A Man in the Know, Keeping Readers in the Know

Article

Special Issues

LCGC SupplementsSpecial Issues-11-01-2015
Volume 33
Issue 11
Pages: 8

Throughout his career, Ron Majors always had his finger on the pulse of the latest chromatography developments, and he kept readers in the know too.

 

 

It finally happened, much to my dismay. Ron Majors decided to retire from writing his monthly columns in LCGC. It’s hard to say farewell to a contributor who has been a member of the LCGC family for so long: Ron has been writing “Column Watch” since the second issue of the magazine in 1983, and “Sample Prep Perspectives” since 1991.

But his longevity is not the primary reason it is hard to see him go; it’s that he has provided so much to our readers. First, he has always had his finger on the pulse of advances in chromatography. Second, he has always understood that what readers needed to know about those advances were the practical developments that could be used to solve real-world problems. Third, he was always able to inform readers about new commercial developments in an objective fashion, even though he worked for an instrument and columns manufacturer. He resisted any urge to promote his company’s products, and he made sure that important technologies from other companies were highlighted too-while ensuring that guest authors understood that they, too, had to write without hyperbole.

We decided that the best way to say “farewell” to Ron Majors would be to bring you this special supplement that contains a small selection of his best work, plus one new article (“The First 50 Years of HPLC-A Parallel Journey”). On the first page of each article, Ron explains the significance of that article when it was first published, and why it is still relevant today.

What you will see as you read these articles is that not only has Ron always closely followed major developments in chromatography, but that throughout his career, he was in the midst of it all. He attended the “Advances in Chromatography Symposia” in January 1969 when for the first time, the meeting broadened out beyond gas chromatography as some GC experts of the day-now seen as the fathers of HPLC-gave talks about their explorations of the new technique of liquid chromatography, and held heated arguments on the floor. He then went back to his industrial company and built an HPLC system, and his talk at the following year’s conference was one of the first to present a method for solving an actual industrial problem using LC. In 1972, Ron developed a slurry-packing method that continues to be the standard approach for packing commercial analytical columns today. He attended the very first HPLC meeting in 1973, and later hosted the largest-ever HPLC meeting (that’s the largest of all time, through today) in San Francisco, in 1986. And so on.

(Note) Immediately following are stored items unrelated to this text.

-- ===== src/System/Turns.antt =====
-- The scheduler and the start of programs, and the limits of the kernel's state.
use orca_os.Base.{
  ℕ, ◌≡◌, refl, arith, ℤ, pos, negsuc, zero, suc, if_cases, Option, none, some, Memory, ltb, ◌==◌,
  ◌&&◌,
}
use orca_os.Screen.{clear, set_pos}
use orca_os.Screen.Frame.{clear-Keeps}
use orca_os.Console.{Console}
use orca_os.Keyboard.Frame.{IsConsole, on_screen-IsConsole}
use orca_os.Keyboard.Handler.{switch_terminal-IsConsole}
use orca_os.Process.{Kernel, Schedule}
use orca_os.Process.Execute.{sys_execute, save_esp, shell}
use orca_os.Scheduler.{
  Turn, runs, returns, enter_program, entered, system_execute, start_first_shell, next_terminal,
  prepare_shell, scheduler, acknowledge, pit_handler,
}
use orca_os.System.Calm.{update-Calm}
use orca_os.System.Limits.{nowhere, Limits, Calm-Limits, with_console-Limits}
use orca_os.System.Calls.{with_pic-IsConsole}
use orca_os.System.Programs.{Executed, sys_execute-Executed}

-- Where the scheduler leaves the kernel.
abbrev pub Turned : Option Turn → Type 0
Turned none = Unit {0}
Turned (some (runs k r)) = Limits k
Turned (some (returns k)) = Limits k

enter_program-Turned :
    (esp : ℕ) (k : Kernel) (r : ℤ) → Limits k → Turned (some (enter_program esp (k, r)))
unfolding enter_program save_esp
enter_program-Turned esp k (negsuc zero) v = v
enter_program-Turned esp k (negsuc (suc r)) v =
    Calm-Limits k _ (update-Calm k.current_pcb _ k refl refl refl) v
enter_program-Turned esp k (pos r) v =
    Calm-Limits k _ (update-Calm k.current_pcb _ k refl refl refl) v

pub entered-Turned : (esp : ℕ) (o : Option (Kernel × ℤ)) → Executed o → Turned (entered esp o)
entered-Turned esp none w = tt
entered-Turned esp (some (k, r)) w = enter_program-Turned esp k r w

pub system_execute-Turned :
    (fuel : ℕ) (command stack : Memory) (esp : ℕ) (k : Kernel)
    → Limits k
    → Turned (system_execute fuel command stack esp k)
unfolding system_execute
system_execute-Turned fuel command stack esp k v =
    entered-Turned esp (sys_execute fuel (some command) stack k)
      (sys_execute-Executed fuel (some command) stack k v)

pub start_first_shell-Turned :
    (fuel : ℕ) (behind stack : Memory) (esp : ℕ) (k : Kernel)
    → Limits k
    → Turned (start_first_shell fuel behind stack esp k)
unfolding start_first_shell
start_first_shell-Turned fuel behind stack esp k v =
    system_execute-Turned fuel (shell behind) stack esp _ (record {
      console = v.console;
      current = nowhere refl;
      number = omega (arith, v.console.shown);
      recover = v.number;
      frame = v.frame;
      numbers = v.numbers;
      slots = v.slots;
      home = v.home;
    })

-- The counters of the scheduler and the console may change.
with_counters-Limits :
    (s : Schedule) (c : Console) (k : Kernel)
    → s.recover_num ≡ k.schedule.recover_num
    → IsConsole c
    → Limits k
    → Limits (record k { schedule = s; console = c })
with_counters-Limits s c k e w v = record {
  console = w;
  current = v.current;
  number = v.number;
  recover = omega (arith, e, v.recover);
  frame = v.frame;
  numbers = v.numbers;
  slots = v.slots;
  home = v.home;
}

next_terminal-Limits : (k : Kernel) → Limits k → Limits (next_terminal k)
unfolding next_terminal
next_terminal-Limits k v =
    let n = k.schedule.execute_counter in
    if_cases Limits (ltb 0 n)
      (λ e.
        with_counters-Limits _ _ k refl (switch_terminal-IsConsole (pos n) k.console v.console) v)
      (λ e. v)

pub prepare_shell-Limits : (k : Kernel) → Limits k → Limits (prepare_shell k)
unfolding prepare_shell
prepare_shell-Limits k v =
    let k1 = next_terminal k in
    let w = next_terminal-Limits k v in
    with_counters-Limits _ _ k1 refl
      (with_pic-IsConsole _ _ (
        on_screen-IsConsole (λ t. set_pos 0 0 (clear t)) k1.console w.console
          (clear-Keeps k1.console.screen)))
      w

scheduler-Turned :
    (fuel : ℕ) (behind stack : Memory) (esp : ℕ) (k : Kernel)
    → Limits k
    → Turned (scheduler fuel behind stack esp k)
unfolding scheduler
scheduler-Turned fuel behind stack esp k v =
    let s = k.schedule in
    if_cases Turned ((s.terminal_init_flag == 0) && ltb s.execute_counter 3)
      (λ e. system_execute-Turned fuel (shell behind) stack esp _ (prepare_shell-Limits k v))
      (λ e.
        if_cases Turned (ltb s.execute_counter 4)
          (λ f.
            with_counters-Limits _ _ k refl (switch_terminal-IsConsole (pos 0) k.console v.console)
              v)
          (λ f. v))

pub acknowledge-Turned : (o : Option Turn) → Turned o → Turned (acknowledge o)
unfolding acknowledge
acknowledge-Turned none w = tt
acknowledge-Turned (some (runs k r)) w = w
acknowledge-Turned (some (returns k)) w =
    with_console-Limits _ k (with_pic-IsConsole _ k.console w.console) w

pub pit_handler-Turned :
    (fuel : ℕ) (behind stack : Memory) (esp : ℕ) (k : Kernel)
    → Limits k
    → Turned (pit_handler fuel behind stack esp k)
unfolding pit_handler
pit_handler-Turned fuel behind stack esp k v =
    acknowledge-Turned _ (scheduler-Turned fuel behind stack esp k v)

Reading these articles, you will feel the excitement that Ron felt when LC was being born. You’ll also come to know the fear of working with high pressures during the early development of ultrahigh-pressure LC (UHPLC); how the development of chemically bonded phases led to the explosion of reversed-phase LC in the 1970s; and how “solvent programming” became “gradient elution.” In short, he tells you how HPLC got to where it is today. Similarly, he traces the path of  sample preparation. In that case, what is notable is not the wonder of how we got from there to here, but rather just how little sample prep has changed. His first “Sample Prep Perspectives” article from 1991 still serves today as an excellent overview of the most important approaches to sample prep-then and now.

If Ron Majors were a painter, we would honor him with a retrospective exhibit. In essence, that is what we have done here. And as with any great artist, when you look back at the early work, it is just as compelling today, or even more so, than when it was first shown.

So we take our hats off to Ron, and present this farewell and retrospective. We will all miss seeing his work in the pages of LCGC next year, following his final column in the December issue, when he looks toward the future. Most of all, we will long remember him for keeping practicing chromatographers around the world in the know about what matters most in the world of chromatography.